Exercise 13 : Eigenpairs & PCA intuition

Given

$$ C = \frac{1}{m} X^\top X, $$


explain why eigenvectors with largest eigenvalues are principal components, and find the projection of a point x.

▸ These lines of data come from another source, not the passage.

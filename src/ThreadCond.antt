-- ===== src/ThreadCond.antt =====
-- src/ThreadCond.cpp: the calls of a condition variable, and the time at which a wait ends. What
-- pthread and the clock return are arguments.
pub mod Deadline
use cpplib.Prelude.{
  ℕ, zero, suc, ◌+◌, ◌/◌, ◌%◌, ◌*◌, ℤ, pos, negsuc, ◌+ℤ◌, ◌-ℤ◌, eq_ℤ, ltb_ℤ, Bool, true, false, not,
  if◌then◌else◌,
}

-- `struct timespec`
pub record Timespec : Type 0 where
  pub tv_sec : ℤ
  pub tv_nsec : ℤ

abbrev neg : ℕ → ℤ
neg zero = pos 0
neg (suc n) = negsuc n

-- `/` and `%` of signed numbers by one above 0: the quotient is cut towards 0.
abbrev pub quotient : ℤ → ℕ → ℤ
quotient (pos n) d = pos (n / d)
quotient (negsuc n) d = neg (suc n / d)

abbrev pub remainder : ℤ → ℕ → ℤ
remainder (pos n) d = pos (n % d)
remainder (negsuc n) d = neg (suc n % d)

-- The times a thousand of a remainder.
abbrev thousand : ℤ → ℤ
thousand (pos n) = pos (n * 1000)
thousand (negsuc n) = neg (suc n * 1000)

-- The sums behind `clock_gettime`.
unfoldable pub add_usec : Timespec → ℤ → Timespec
add_usec ts usec = record {
  tv_sec = ts.tv_sec +ℤ quotient usec 1_000_000;
  tv_nsec = ts.tv_nsec +ℤ thousand (remainder usec 1_000_000);
}

unfoldable pub carry : Timespec → Timespec
carry ts =
    if ltb_ℤ ts.tv_nsec (pos 1_000_000_000)
    then ts
    else record { tv_sec = ts.tv_sec +ℤ pos 1; tv_nsec = ts.tv_nsec -ℤ pos 1_000_000_000 }

-- What `TimeWait` does: wait without an end, return the code of the clock, or wait to a time.
pub data Waiting : Type 0 where
  waits : Waiting
  fails : ℤ → Waiting
  until : Timespec → Waiting

-- `clock_ret` and `now` are what `clock_gettime` gives.
unfoldable pub time_wait : ℤ → ℤ → Timespec → Waiting
unfolding add_usec carry
time_wait usec clock_ret now =
    if eq_ℤ usec (pos 0)
    then waits
    else if not (eq_ℤ clock_ret (pos 0))
    then fails clock_ret
    else until (carry (add_usec now usec))
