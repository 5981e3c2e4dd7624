-- ===== src/ThreadCond/Deadline.antt =====
-- The time that `TimeWait` of src/ThreadCond.cpp waits to.
use cpplib.Prelude.{
  ℕ, suc, ◌≤◌, ◌==◌, ◌+◌, ◌-◌, ◌*◌, ◌/◌, ◌%◌, ◌<◌, pos, ◌+ℤ◌, ◌-ℤ◌, ltb_ℤ, false, ◌≡◌, refl, arith,
  inl, inr, Bool-cases,
}
use cpplib.ThreadCond.{Timespec, add_usec, carry, until, time_wait}

abbrev pub at : ℕ → ℕ → Timespec
at sec nsec = record { tv_sec = pos sec; tv_nsec = pos nsec }

plus_pos : (a b : ℕ) → pos a +ℤ pos b ≡ pos (a + b)
unfolding ◌+ℤ◌
plus_pos a b = ground arith

minus_pos : (a b : ℕ) → b ≤ a → pos a -ℤ pos b ≡ pos (a - b)
unfolding ◌-ℤ◌
minus_pos a b h = ground (arith, h)

-- For a wait of `usec` above 0 microseconds, from a time of the clock with less than 10 ^ 9
-- nanoseconds: the time waited to has less than 10 ^ 9 as well, as `pthread_cond_timedwait`
-- demands, and is that number of microseconds later.
pub time_wait_later :
    (usec sec nsec : ℕ)
    → nsec < 1_000_000_000
    → (sec' : ℕ) × (nsec' : ℕ) × (time_wait (pos (suc usec)) (pos 0) (at sec nsec)
        ≡ until (at sec' nsec'))
      × (nsec' < 1_000_000_000)
      × (sec' * 1_000_000_000 + nsec' ≡ sec * 1_000_000_000 + nsec + suc usec * 1000)
unfolding time_wait add_usec carry
time_wait_later usec sec nsec h =
    let usec_nsec = nsec + suc usec % 1_000_000 * 1000 in
    let usec_sec = sec + suc usec / 1_000_000 in
    let nonzero : (suc usec == 0) ≡ false = ground arith in
    elim (Bool-cases (ltb_ℤ (pos usec_nsec) (pos 1_000_000_000))) [
      | inl below ↦ (
        usec_sec,
        usec_nsec,
        rw
            (
              nonzero,
              plus_pos sec (suc usec / 1_000_000),
              plus_pos nsec (suc usec % 1_000_000 * 1000),
              below,
              time_wait,
            )
            refl,
        ground (arith, below),
        omega arith,
      )
      | inr over ↦
          let big : 1_000_000_000 ≤ usec_nsec = ground (arith, over) in
          (
            usec_sec + 1,
            usec_nsec - 1_000_000_000,
            rw
                (
                  nonzero,
                  plus_pos sec (suc usec / 1_000_000),
                  plus_pos nsec (suc usec % 1_000_000 * 1000),
                  over,
                  plus_pos usec_sec 1,
                  minus_pos usec_nsec 1_000_000_000 big,
                  time_wait,
                )
                refl,
            omega (arith, big, h),
            omega (arith, big),
          )
    ]
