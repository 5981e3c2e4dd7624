-- ===== src/UdpClient.antt =====
-- src/UdpClient.cpp, with the descriptors and peers that the kernel holds for it. What the system
-- calls return is an argument.
pub mod Sessions
use cpplib.Prelude.{
  ℕ, ℤ, pos, negsuc, eq_ℤ, ltb_ℤ, Bool, true, false, not, Option, none, some, List, [], ◌∷◌,
  if◌then◌else◌, Text,
}

-- A descriptor of the process, and whether `::connect` has given it a peer.
pub record Socket : Type 0 where
  pub fd : ℤ
  pub has_peer : Bool

-- `opened` are the sockets that the client made and has not closed, newest first.
pub record UdpClient : Type 0 where
  pub fd : ℤ
  pub is_connected : Bool
  pub is_closed : Bool
  pub ip : Text
  pub port : ℕ
  pub opened : List Socket

abbrev pub initial : UdpClient
initial = record {
  fd = negsuc 0;
  is_connected = false;
  is_closed = true;
  ip = [];
  port = 0;
  opened = [];
}

-- `fd` is the result of `socket`, and `ret` that of `::connect`, if it is called.
unfoldable pub connect : Text → ℕ → Bool → ℤ → ℤ → UdpClient → ℤ × UdpClient
connect ip port doconnect fd ret c =
    if ltb_ℤ fd (pos 0)
    then (fd, record c { fd = fd })
    else if not doconnect
    then (
      pos 0,
      record c {
        fd = fd;
        ip = ip;
        port = port;
        is_closed = false;
        opened = record { fd = fd; has_peer = false } ∷ c.opened;
      },
    )
    else if eq_ℤ ret (pos 0)
    then (
      ret,
      record c {
        fd = fd;
        ip = ip;
        port = port;
        is_closed = false;
        is_connected = true;
        opened = record { fd = fd; has_peer = true } ∷ c.opened;
      },
    )
    else (ret, record c { fd = fd; opened = record { fd = fd; has_peer = false } ∷ c.opened })

-- The address that `::sendto` gets: NULL, or one of its own.
pub data Destination : Type 0 where
  peer : Destination
  address : Text → ℕ → Destination

-- The result, and what `::sendto` was called with, if it was: a descriptor and a destination.
unfoldable pub sendto : ℤ → UdpClient → ℤ × Option (ℤ × Destination)
sendto ret c =
    if c.is_closed
    then (negsuc 0, none)
    else if c.is_connected
    then (ret, some (c.fd, peer))
    else (ret, some (c.fd, address c.ip c.port))

-- The result, and the descriptor that `::recvfrom` was called with.
unfoldable pub recvfrom : ℤ → UdpClient → ℤ × Option ℤ
recvfrom ret c = if c.is_closed then (negsuc 0, none) else (ret, some c.fd)

unfoldable pub without : ℤ → List Socket → List Socket
without fd [] = []
without fd (s ∷ sockets) = let rest = without fd sockets in if eq_ℤ s.fd fd then rest else s ∷ rest

unfoldable pub close : UdpClient → UdpClient
unfolding without
close c = if c.is_closed then c else record c { is_closed = true; opened = without c.fd c.opened }

unfoldable pub is_close : UdpClient → Bool
is_close c = c.is_closed
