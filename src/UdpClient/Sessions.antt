-- ===== src/UdpClient/Sessions.antt =====
-- What the clients of src/UdpClient.cpp do over several calls.
use cpplib.Prelude.{
  ℕ, ℤ, pos, eq_ℤ, eq_ℤ_iff, ltb_ℤ, Bool, true, false, some, List, [], ◌∷◌, Text, ◌≡◌, refl, ◌⊎◌,
  inl, inr,
}
use cpplib.UdpClient.{UdpClient, initial, connect, peer, sendto, without, close}

-- A client that has connected keeps `_connect` for good: behind a `close` and a `connect` to
-- another address with `doconnect` false, both true, `sendto` still gives no address, though the
-- new socket has no peer. The datagram goes nowhere.
pub stale_connect :
    (ip ip' : Text) (port port' : ℕ) (fd fd' ret : ℤ)
    → ltb_ℤ fd (pos 0) ≡ false
    → ltb_ℤ fd' (pos 0) ≡ false
    → let first = (connect ip port true fd (pos 0) initial).1 in
      let (code, c) = connect ip' port' false fd' (pos 0) (close first) in
      (code ≡ pos 0)
      × (sendto ret c ≡ (ret, some (fd', peer)))
      × (c.opened ≡ record { fd = fd'; has_peer = false } ∷ [])
unfolding connect close sendto without
stale_connect ip ip' port port' fd fd' ret h k =
    let own : eq_ℤ fd fd ≡ true = (eq_ℤ_iff fd fd).1 refl in rw (h, k, own) (refl, refl, refl)

-- A `connect` that fails leaves its socket open, and where the client was closed `close` does not
-- close it either; otherwise the result is that of the call that failed.
pub failed_connect_leaks :
    (ip : Text) (port : ℕ) (fd ret : ℤ) (c : UdpClient)
    → ltb_ℤ fd (pos 0) ≡ false
    → eq_ℤ ret (pos 0) ≡ false
    → c.is_closed ≡ true
    → let (code, d) = connect ip port true fd ret c in
      (code ≡ ret) × ((close d).opened ≡ record { fd = fd; has_peer = false } ∷ c.opened)
unfolding connect close
failed_connect_leaks ip port fd ret c h k closed = rw (h, k, closed) (refl, refl)

pub data Op : Type 0 where
  connects : Text → ℕ → Bool → ℤ → ℤ → Op
  closes : Op

unfoldable pub apply : UdpClient → Op → UdpClient
unfolding connect close
apply c (connects ip port doconnect fd ret) = (connect ip port doconnect fd ret c).1
apply c closes = close c

unfoldable pub run : UdpClient → List Op → UdpClient
run c [] = c
run c (op ∷ ops) = run (apply c op) ops

-- A client connects only while it is closed, and the calls succeed.
abbrev pub Succeeds : UdpClient → Op → Type 0
Succeeds c (connects ip port doconnect fd ret) =
    (c.is_closed ≡ true) × (ltb_ℤ fd (pos 0) ≡ false) × (eq_ℤ ret (pos 0) ≡ true)
Succeeds c closes = Unit

abbrev pub AllSucceed : UdpClient → List Op → Type 0
AllSucceed c [] = Unit
AllSucceed c (op ∷ ops) = Succeeds c op × AllSucceed (apply c op) ops

-- A closed client has no socket, and an open one has the one that it uses.
abbrev pub HoldsOne : UdpClient → Type 0
HoldsOne c =
    ((c.is_closed ≡ true) × (c.opened ≡ []))
    ⊎ ((c.is_closed ≡ false)
        × ((has_peer : Bool) × (c.opened ≡ record { fd = c.fd; has_peer = has_peer } ∷ [])))

without-own :
    (fd : ℤ) (has_peer : Bool) → without fd (record { fd = fd; has_peer = has_peer } ∷ []) ≡ []
unfolding without
without-own fd has_peer = let own : eq_ℤ fd fd ≡ true = (eq_ℤ_iff fd fd).1 refl in rw own refl

close-HoldsOne : (c : UdpClient) → HoldsOne c → HoldsOne (close c)
unfolding close
close-HoldsOne c (inl (closed, none_open)) = rw (closed, close) (inl (refl, none_open))
close-HoldsOne c (inr (open_yet, (has_peer, one))) =
    rw (open_yet, close) (inl (refl, rw one (without-own c.fd has_peer)))

connect-HoldsOne :
    (ip : Text) (port : ℕ) (doconnect : Bool) (fd ret : ℤ) (c : UdpClient)
    → Succeeds c (connects ip port doconnect fd ret)
    → HoldsOne c
    → HoldsOne (connect ip port doconnect fd ret c).1
unfolding connect
connect-HoldsOne ip port doconnect fd ret c (closed, made, ok) (inr (open_yet, _)) = absurd cc
connect-HoldsOne ip port true fd ret c (closed, made, ok) (inl (_, none_open)) =
    rw (made, ok, connect) (inr (refl, (true, rw none_open refl)))
connect-HoldsOne ip port false fd ret c (closed, made, ok) (inl (_, none_open)) =
    rw (made, connect) (inr (refl, (false, rw none_open refl)))

apply-HoldsOne : (c : UdpClient) (op : Op) → Succeeds c op → HoldsOne c → HoldsOne (apply c op)
unfolding apply
apply-HoldsOne c (connects ip port doconnect fd ret) s h =
    connect-HoldsOne ip port doconnect fd ret c s h
apply-HoldsOne c closes s h = close-HoldsOne c h

run_from : (ops : List Op) (c : UdpClient) → AllSucceed c ops → HoldsOne c → HoldsOne (run c ops)
unfolding run
run_from [] c s h = h
run_from (op ∷ ops) c s h = run_from ops (apply c op) s.1 (apply-HoldsOne c op s.0 h)

-- Over any calls of `connect` and `close` from a new client on, where it connects only while it is
-- closed and each system call succeeds: it has no socket while it is closed, and just the one
-- that it sends on while it is open.
pub run-HoldsOne : (ops : List Op) → AllSucceed initial ops → HoldsOne (run initial ops)
run-HoldsOne ops s = run_from ops initial s (inl (refl, refl))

Exercise 14 : Gradient descent rate

For

$$ f(\mathbf{x}) = \frac{1}{2}\mathbf{x}^\top A\mathbf{x} - \mathbf{b}^\top\mathbf{x}, $$


show that gradient descent with

$$ 0 < \eta < \frac{2}{\lambda_{\max}} $$


converges linearly with rate involving

$$ \kappa = \frac{\lambda_{\max}}{\lambda_{\min}}. $$